→ Work to be completed
Could you return all of the data exactly as given?

→ Exercise inputs
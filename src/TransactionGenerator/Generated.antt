-- ===== src/TransactionGenerator/Generated.antt =====
-- The generated transactions and the chain (transaction_generator.rs).
use ce334_bitcoin_client.Prelude.{
  ℕ, ◌%◌, ◌<◌, ◌≡◌, refl, ◌∙◌, true, false, not, ◌&&◌, some, List, [], ◌∷◌, arith, ◌==◌, ◌==k◌, ltb,
  if◌then◌else◌, done, Returns, Returns-bind, Returns-mono,
}
use ce334_bitcoin_client.Crypto.Address.{h160_key}
use ce334_bitcoin_client.Crypto.Hash.{H256, h256_key}
use ce334_bitcoin_client.HashMap.{get, contains_key}
use ce334_bitcoin_client.HashMap.Laws.{All-get}
use ce334_bitcoin_client.Transaction.{SignedTransaction, RawTransaction}
use ce334_bitcoin_client.Transaction.Signing.{
  get_deterministic_keypair, address_of, from_raw, hash_signed, verify_signature-from_raw,
}
use ce334_bitcoin_client.State.{AccountInfo, State, get_acc_info, check_transaction_validity}
use ce334_bitcoin_client.State.Ico.{ico_address}
use ce334_bitcoin_client.Platform.{Platform, IsSigning}
use ce334_bitcoin_client.Blockchain.{
  Blockchain, Stored, tip_data, insert_transaction_with_validation,
}
use ce334_bitcoin_client.Blockchain.Valid.{IsValid}
use ce334_bitcoin_client.Blockchain.Submit.{
  pooled_with, insert_transaction_with_validation-eq, insert_transaction_with_validation-IsValid,
}
use ce334_bitcoin_client.Blockchain.Reach.{Reach, Reach-IsSound}
use ce334_bitcoin_client.Blockchain.Growth.{IsKept, Reach-IsKept}
use ce334_bitcoin_client.Network.Message.{new_transaction_hashes}
use ce334_bitcoin_client.TransactionGenerator.{
  signs_validly, generate, add_to_mempool, generation_iteration,
}
use ce334_bitcoin_client.TransactionGenerator.Funded.{HasAccount, Reach-HasAccount}

module _ (p : Platform) where
  abbrev signer : ℕ → ℕ → ℕ → p.KeyPair
  signer k random_receiver random_validity =
      if signs_validly random_validity
      then get_deterministic_keypair p k
      else get_deterministic_keypair p (random_receiver % 10)

  -- the transfer of one coin to a random account
  abbrev transfer_of : ℕ → ℕ → AccountInfo → RawTransaction
  transfer_of k random_receiver info = record {
    from_addr = ico_address p k;
    to_addr = ico_address p (random_receiver % 10);
    value = 1;
    nonce = info.nonce;
  }

  generate_of :
      (k rr rv : ℕ) (bc : Blockchain) (top : Stored) (info : AccountInfo)
      → get bc.tip bc.hash_to_block ≡ some top
      → get_acc_info top.state (ico_address p k) ≡ some info
      → generate p k rr rv bc ≡ done (from_raw p (transfer_of k rr info) (signer k rr rv))
  unfolding generate
  generate_of k rr rv bc top info found funded =
      let latest : tip_data bc ≡ done top = unfold tip_data in rw (tip_data, found) in
      rw (generate, latest, funded)

  transfer_of-validity :
      (k rr : ℕ) (s : State) (info : AccountInfo)
      → get_acc_info s (ico_address p k) ≡ some info
      → check_transaction_validity s (transfer_of k rr info) ≡ not (ltb info.balance 1)
  unfolding check_transaction_validity get_acc_info
  transfer_of-validity k rr s info funded =
      let same : (info.nonce == info.nonce) ≡ true = ground arith in
      rw (check_transaction_validity, funded, same) (ground arith)

  -- On a well-formed chain whose tip's state has the sender's account, a transaction is generated. It
  -- enters the mempool exactly if the mempool has none under its hash, the account has a coin, and the
  -- key that signs it, the sender's or in one case of eight the receiver's, is one of the sender's address.
  pub generate-insert :
      (k random_receiver random_validity : ℕ) (bc : Blockchain) (top : Stored) (info : AccountInfo)
      → IsSigning p
      → IsValid p bc
      → get bc.tip bc.hash_to_block ≡ some top
      → get_acc_info top.state (ico_address p k) ≡ some info
      → (t : SignedTransaction) × (generate p k random_receiver random_validity bc ≡ done t)
        × (insert_transaction_with_validation p t bc
            ≡ done (
                if not (contains_key (hash_signed p t) bc.mempool)
                  && (address_of p (signer k random_receiver random_validity) ==k ico_address p k)
                  && not (ltb info.balance 1)
                then (true, pooled_with p t bc)
                else (false, bc)))
  unfolding from_raw
  generate-insert k rr rv bc top info s v found funded =
      let t = from_raw p (transfer_of k rr info) (signer k rr rv) in
      let signed = verify_signature-from_raw p (transfer_of k rr info) (signer k rr rv) s in
      let same : v.top ≡ top = cc (v.top_stored, found) in
      let checked : check_transaction_validity v.top.state t.raw_transaction
          ≡ not (ltb info.balance 1) =
        rw same (transfer_of-validity k rr top.state info funded) in
      (
        t,
        generate_of k rr rv bc top info found funded,
        insert_transaction_with_validation-eq p t bc v ∙ rw (signed, checked) refl,
      )

module _ (p : Platform) (Q : Blockchain → Type 0) (kept : IsKept p Q) where
  add_to_mempool-kept :
      (ts : List SignedTransaction) (bc : Blockchain) → Q bc → Returns Q (add_to_mempool p ts bc)
  unfolding add_to_mempool
  add_to_mempool-kept [] bc q = q
  add_to_mempool-kept (t ∷ ts) bc q =
      let (r, e, v, _, _) =
        insert_transaction_with_validation-IsValid p t bc
          (Reach-IsSound p (kept.reached q)).valid in
      rw (add_to_mempool, e) (add_to_mempool-kept ts r.1 (kept.transaction_kept t r.0 q e))

  -- An iteration of the generator keeps what the insertions keep, announces transactions, and the next
  -- sender is one of the ten accounts again.
  pub generation_iteration-kept :
      (k random_receiver random_validity : ℕ) (bc : Blockchain)
      → k < 10
      → Q bc
      → Returns
          (λ r. (r.0 < 10) × ((hashes : List H256) × (r.1 ≡ new_transaction_hashes hashes)) × Q r.2)
          (generation_iteration p k random_receiver random_validity bc)
  unfolding generation_iteration
  generation_iteration-kept k rr rv bc h q =
      let r = kept.reached q in
      let v = (Reach-IsSound p r).valid in
      let (info, funded) =
        All-get (λ (e : H256 × Stored). HasAccount (ico_address p k) e.1.state) bc.tip
          bc.hash_to_block (Reach-HasAccount p k h r) v.top_stored in
      let t = from_raw p (transfer_of p k rr info) (signer p k rr rv) in
      rw (generation_iteration, generate_of p k rr rv bc v.top info v.top_stored funded)
        (Returns-bind Q _ _ (add_to_mempool p (t ∷ []) bc) (add_to_mempool-kept (t ∷ []) bc q)
          (λ bc' q'. (omega arith, (hash_signed p t ∷ [], refl), q')))

module _ (p : Platform) where
  -- On a reachable chain the generator never panics: its accounts are there. An iteration leaves a reachable
  -- chain, and the next sender is one of the ten accounts again.
  pub generation_iteration-Reach :
      (k random_receiver random_validity : ℕ) (bc : Blockchain)
      → k < 10
      → Reach p bc
      → Returns
          (λ r. (r.0 < 10) × Reach p r.2)
          (generation_iteration p k random_receiver random_validity bc)
  generation_iteration-Reach k rr rv bc h r =
      Returns-mono _ (λ x. (x.0 < 10) × Reach p x.2) (generation_iteration p k rr rv bc)
        (λ x g. (g.0, g.2)) (generation_iteration-kept p (Reach p) (Reach-IsKept p) k rr rv bc h r)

→ Solution to this exercise
filename src/TransactionGenerator/Generated.antt
-- ===== src/TransactionGenerator/Generated.antt =====
-- The generated transactions and the chain (transaction_generator.rs).
use ce334_bitcoin_client.Prelude.{
  ℕ, ◌%◌, ◌<◌, ◌≡◌, refl, ◌∙◌, true, false, not, ◌&&◌, some, List, [], ◌∷◌, arith, ◌==◌, ◌==k◌, ltb,
  if◌then◌else◌, done, Returns, Returns-bind, Returns-mono,
}
use ce334_bitcoin_client.Crypto.Address.{h160_key}
use ce334_bitcoin_client.Crypto.Hash.{H256, h256_key}
use ce334_bitcoin_client.HashMap.{get, contains_key}
use ce334_bitcoin_client.HashMap.Laws.{All-get}
use ce334_bitcoin_client.Transaction.{SignedTransaction, RawTransaction}
use ce334_bitcoin_client.Transaction.Signing.{
  get_deterministic_keypair, address_of, from_raw, hash_signed, verify_signature-from_raw,
}
use ce334_bitcoin_client.State.{AccountInfo, State, get_acc_info, check_transaction_validity}
use ce334_bitcoin_client.State.Ico.{ico_address}
use ce334_bitcoin_client.Platform.{Platform, IsSigning}
use ce334_bitcoin_client.Blockchain.{
  Blockchain, Stored, tip_data, insert_transaction_with_validation,
}
use ce334_bitcoin_client.Blockchain.Valid.{IsValid}
use ce334_bitcoin_client.Blockchain.Submit.{
  pooled_with, insert_transaction_with_validation-eq, insert_transaction_with_validation-IsValid,
}
use ce334_bitcoin_client.Blockchain.Reach.{Reach, Reach-IsSound}
use ce334_bitcoin_client.Blockchain.Growth.{IsKept, Reach-IsKept}
use ce334_bitcoin_client.Network.Message.{new_transaction_hashes}
use ce334_bitcoin_client.TransactionGenerator.{
  signs_validly, generate, add_to_mempool, generation_iteration,
}
use ce334_bitcoin_client.TransactionGenerator.Funded.{HasAccount, Reach-HasAccount}

module _ (p : Platform) where
  abbrev signer : ℕ → ℕ → ℕ → p.KeyPair
  signer k random_receiver random_validity =
      if signs_validly random_validity
      then get_deterministic_keypair p k
      else get_deterministic_keypair p (random_receiver % 10)

  -- the transfer of one coin to a random account
  abbrev transfer_of : ℕ → ℕ → AccountInfo → RawTransaction
  transfer_of k random_receiver info = record {
    from_addr = ico_address p k;
    to_addr = ico_address p (random_receiver % 10);
    value = 1;
    nonce = info.nonce;
  }

  generate_of :
      (k rr rv : ℕ) (bc : Blockchain) (top : Stored) (info : AccountInfo)
      → get bc.tip bc.hash_to_block ≡ some top
      → get_acc_info top.state (ico_address p k) ≡ some info
      → generate p k rr rv bc ≡ done (from_raw p (transfer_of k rr info) (signer k rr rv))
  unfolding generate
  generate_of k rr rv bc top info found funded =
      let latest : tip_data bc ≡ done top = unfold tip_data in rw (tip_data, found) in
      rw (generate, latest, funded)

  transfer_of-validity :
      (k rr : ℕ) (s : State) (info : AccountInfo)
      → get_acc_info s (ico_address p k) ≡ some info
      → check_transaction_validity s (transfer_of k rr info) ≡ not (ltb info.balance 1)
  unfolding check_transaction_validity get_acc_info
  transfer_of-validity k rr s info funded =
      let same : (info.nonce == info.nonce) ≡ true = ground arith in
      rw (check_transaction_validity, funded, same) (ground arith)

  -- On a well-formed chain whose tip's state has the sender's account, a transaction is generated. It
  -- enters the mempool exactly if the mempool has none under its hash, the account has a coin, and the
  -- key that signs it, the sender's or in one case of eight the receiver's, is one of the sender's address.
  pub generate-insert :
      (k random_receiver random_validity : ℕ) (bc : Blockchain) (top : Stored) (info : AccountInfo)
      → IsSigning p
      → IsValid p bc
      → get bc.tip bc.hash_to_block ≡ some top
      → get_acc_info top.state (ico_address p k) ≡ some info
      → (t : SignedTransaction) × (generate p k random_receiver random_validity bc ≡ done t)
        × (insert_transaction_with_validation p t bc
            ≡ done (
                if not (contains_key (hash_signed p t) bc.mempool)
                  && (address_of p (signer k random_receiver random_validity) ==k ico_address p k)
                  && not (ltb info.balance 1)
                then (true, pooled_with p t bc)
                else (false, bc)))
  unfolding from_raw
  generate-insert k rr rv bc top info s v found funded =
      let t = from_raw p (transfer_of k rr info) (signer k rr rv) in
      let signed = verify_signature-from_raw p (transfer_of k rr info) (signer k rr rv) s in
      let same : v.top ≡ top = cc (v.top_stored, found) in
      let checked : check_transaction_validity v.top.state t.raw_transaction
          ≡ not (ltb info.balance 1) =
        rw same (transfer_of-validity k rr top.state info funded) in
      (
        t,
        generate_of k rr rv bc top info found funded,
        insert_transaction_with_validation-eq p t bc v ∙ rw (signed, checked) refl,
      )

module _ (p : Platform) (Q : Blockchain → Type 0) (kept : IsKept p Q) where
  add_to_mempool-kept :
      (ts : List SignedTransaction) (bc : Blockchain) → Q bc → Returns Q (add_to_mempool p ts bc)
  unfolding add_to_mempool
  add_to_mempool-kept [] bc q = q
  add_to_mempool-kept (t ∷ ts) bc q =
      let (r, e, v, _, _) =
        insert_transaction_with_validation-IsValid p t bc
          (Reach-IsSound p (kept.reached q)).valid in
      rw (add_to_mempool, e) (add_to_mempool-kept ts r.1 (kept.transaction_kept t r.0 q e))

  -- An iteration of the generator keeps what the insertions keep, announces transactions, and the next
  -- sender is one of the ten accounts again.
  pub generation_iteration-kept :
      (k random_receiver random_validity : ℕ) (bc : Blockchain)
      → k < 10
      → Q bc
      → Returns
          (λ r. (r.0 < 10) × ((hashes : List H256) × (r.1 ≡ new_transaction_hashes hashes)) × Q r.2)
          (generation_iteration p k random_receiver random_validity bc)
  unfolding generation_iteration
  generation_iteration-kept k rr rv bc h q =
      let r = kept.reached q in
      let v = (Reach-IsSound p r).valid in
      let (info, funded) =
        All-get (λ (e : H256 × Stored). HasAccount (ico_address p k) e.1.state) bc.tip
          bc.hash_to_block (Reach-HasAccount p k h r) v.top_stored in
      let t = from_raw p (transfer_of p k rr info) (signer p k rr rv) in
      rw (generation_iteration, generate_of p k rr rv bc v.top info v.top_stored funded)
        (Returns-bind Q _ _ (add_to_mempool p (t ∷ []) bc) (add_to_mempool-kept (t ∷ []) bc q)
          (λ bc' q'. (omega arith, (hash_signed p t ∷ [], refl), q')))

module _ (p : Platform) where
  -- On a reachable chain the generator never panics: its accounts are there. An iteration leaves a reachable
  -- chain, and the next sender is one of the ten accounts again.
  pub generation_iteration-Reach :
      (k random_receiver random_validity : ℕ) (bc : Blockchain)
      → k < 10
      → Reach p bc
      → Returns
          (λ r. (r.0 < 10) × Reach p r.2)
          (generation_iteration p k random_receiver random_validity bc)
  generation_iteration-Reach k rr rv bc h r =
      Returns-mono _ (λ x. (x.0 < 10) × Reach p x.2) (generation_iteration p k rr rv bc)
        (λ x g. (g.0, g.2)) (generation_iteration-kept p (Reach p) (Reach-IsKept p) k rr rv bc h r)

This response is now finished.